African Airports as Intercontinental Connecting Hubs
Perhaps the most significant strategic development in African aviation over the past decade is the emergence of several airports as genuine intercontinental transit hubs rather than simple origin-and-destination facilities. Addis Ababa Bole is the clearest example: Ethiopian Airlines has deliberately constructed a network architecture that routes passengers from cities across Africa through Addis Ababa to destinations in Asia, Europe, and North America, competing directly with Middle Eastern carriers such as Emirates, Qatar Airways, and Etihad that have historically dominated Africa-to-world transit traffic. Nairobi’s Jomo Kenyatta serves a similar function for Kenya Airways, which markets its hub position under the brand identity of connecting Africa to the world via Nairobi. Casablanca Mohammed V performs this role for Royal Air Maroc, particularly for traffic moving between West Africa and Europe. Cairo International benefits from EgyptAir’s Star Alliance membership, which integrates it into a global network of codeshare and interline agreements. The competitive dynamics between African hub carriers and the Gulf mega-hubs remain intense, and according to the latest IATA Africa data, African airlines have been gradually recovering market share on key intercontinental routes. The hub model matters beyond airline economics: airports that function as connecting nodes generate ancillary economic activity — hotels, logistics, retail, financial services — that compounds their developmental impact on surrounding regions.
Africa’s airport landscape in 2026 is defined by a productive tension between the scale of ambition and the complexity of execution. The continent’s leading airports — Johannesburg, Cairo, Casablanca, Addis Ababa, Lagos, Nairobi — are handling more passengers, more cargo, and more connecting traffic than at any previous point in their histories, while simultaneously contending with infrastructure gaps, regulatory fragmentation, and financing constraints that slow the pace of modernisation.

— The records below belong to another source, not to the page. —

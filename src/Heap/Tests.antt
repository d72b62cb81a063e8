-- ===== src/Heap/Tests.antt =====
-- Runs of the heap calls at concrete inputs.
use wei_os.Common.{refl, [], arith}
use wei_os.Heap.{Heap}
use wei_os.Heap.Break.{IsValid}

-- A process of two pages with a heap of one page.
abbrev small : Heap
small = record { heap_ptr = 12288; base_mem_sz = 8000; removed = [] }

small-IsValid : IsValid small
small-IsValid = record { aligned = refl; low = omega arith; high = omega arith }
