-- ===== src/Ide.antt =====
-- The request queue of kern/ide.c. A request is a block number with the name of its buffer; the
-- first request of the queue is the one that the disk works on.
pub mod Order
mod Tests
use wei_os.Common.{
  ℕ, zero, suc, ◌+◌, ◌-◌, Bool, true, false, ◌&&◌, ◌||◌, not, List, [], ◌∷◌, ◌++◌, ◌==◌, ltb, leb,
  if◌then◌else◌,
}

pub record Request : Type 0 where
  pub blockno : ℕ
  pub buf : ℕ

-- The requests of the queue, `n_requests`, and the buffers that `ide_start` has given to the disk,
-- the last one first.
pub record IdeManager : Type 0 where
  pub ide_queue : List Request
  pub n_requests : ℕ
  pub started : List ℕ

-- The walk up: the request goes in front of the first that is behind it on the disk.
unfoldable pub insert_up : Request → List Request → List Request
insert_up b [] = b ∷ []
insert_up b (fb ∷ rest) =
    let later = insert_up b rest in if ltb b.blockno fb.blockno then b ∷ fb ∷ rest else fb ∷ later

abbrev pub reversed : List Request → List Request → List Request
reversed [] acc = acc
reversed (x ∷ xs) acc = reversed xs (x ∷ acc)

-- The walk down from the end, on the reversed queue: the request goes in front of the last request
-- that is not before it on the disk, or, without one, behind the first request.
unfoldable pub insert_down : Request → List Request → List Request
insert_down b [] = b ∷ []
insert_down b (fb ∷ []) = if leb b.blockno fb.blockno then fb ∷ b ∷ [] else b ∷ fb ∷ []
insert_down b (fb ∷ next ∷ rest) =
    let later = insert_down b (next ∷ rest) in
    if leb b.blockno fb.blockno then fb ∷ b ∷ next ∷ rest else fb ∷ later

unfoldable pub insert_request : Request → List Request → List Request
unfolding insert_up insert_down
insert_request b [] = b ∷ []
insert_request b (tb ∷ rest) =
    if ltb tb.blockno b.blockno
    then tb ∷ insert_up b rest
    else if ltb b.blockno tb.blockno
    then reversed (insert_down b (reversed (tb ∷ rest) [])) []
    else tb ∷ b ∷ rest

unfoldable pub update_idequeue : Request → IdeManager → IdeManager
unfolding insert_request
update_idequeue b m = record m {
  n_requests = m.n_requests + 1;
  ide_queue = insert_request b m.ide_queue;
}

abbrev pub fssize : ℕ
fssize = 5000

unfoldable pub ide_start : Request → IdeManager → IdeManager
ide_start b m = if leb fssize b.blockno then m else record m { started = b.buf ∷ m.started }

-- The part of `ide_read_write` under the lock, up to its sleep.
unfoldable pub submit : Request → IdeManager → IdeManager
unfolding update_idequeue ide_start
submit b m = let m' = update_idequeue b m in if m'.n_requests == 1 then ide_start b m' else m'

-- The request that `ide_intr` takes for the finished one, and what it leaves.
pub record Served : Type 0 where
  pub finished : List Request
  pub manager : IdeManager

unfoldable pub start_next : IdeManager → IdeManager
unfolding ide_start
start_next m = elim m.ide_queue [
  | [] ↦ m
  | b ∷ rest ↦ if m.n_requests == 0 then m else ide_start b m
]

unfoldable pub ide_intr : IdeManager → Served
unfolding start_next
ide_intr m = elim m.ide_queue [
  | [] ↦ record { finished = []; manager = m }
  | b ∷ rest ↦ if m.n_requests == 0 then record { finished = []; manager = m } else record {
    finished = b ∷ [];
    manager = start_next (record m { ide_queue = rest; n_requests = m.n_requests - 1 });
  }
]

New projects like Bugesera and Lekki signal that the next generation of African aviation infrastructure is being designed with continental and global connectivity in mind from the ground up. If the investment pipeline holds and the regulatory environment continues to liberalise — particularly under the Single African Air Transport Market (SAATM) framework — the airports of Africa will increasingly be recognised not as the afterthoughts of global aviation, but as some of its most dynamic and strategically important nodes.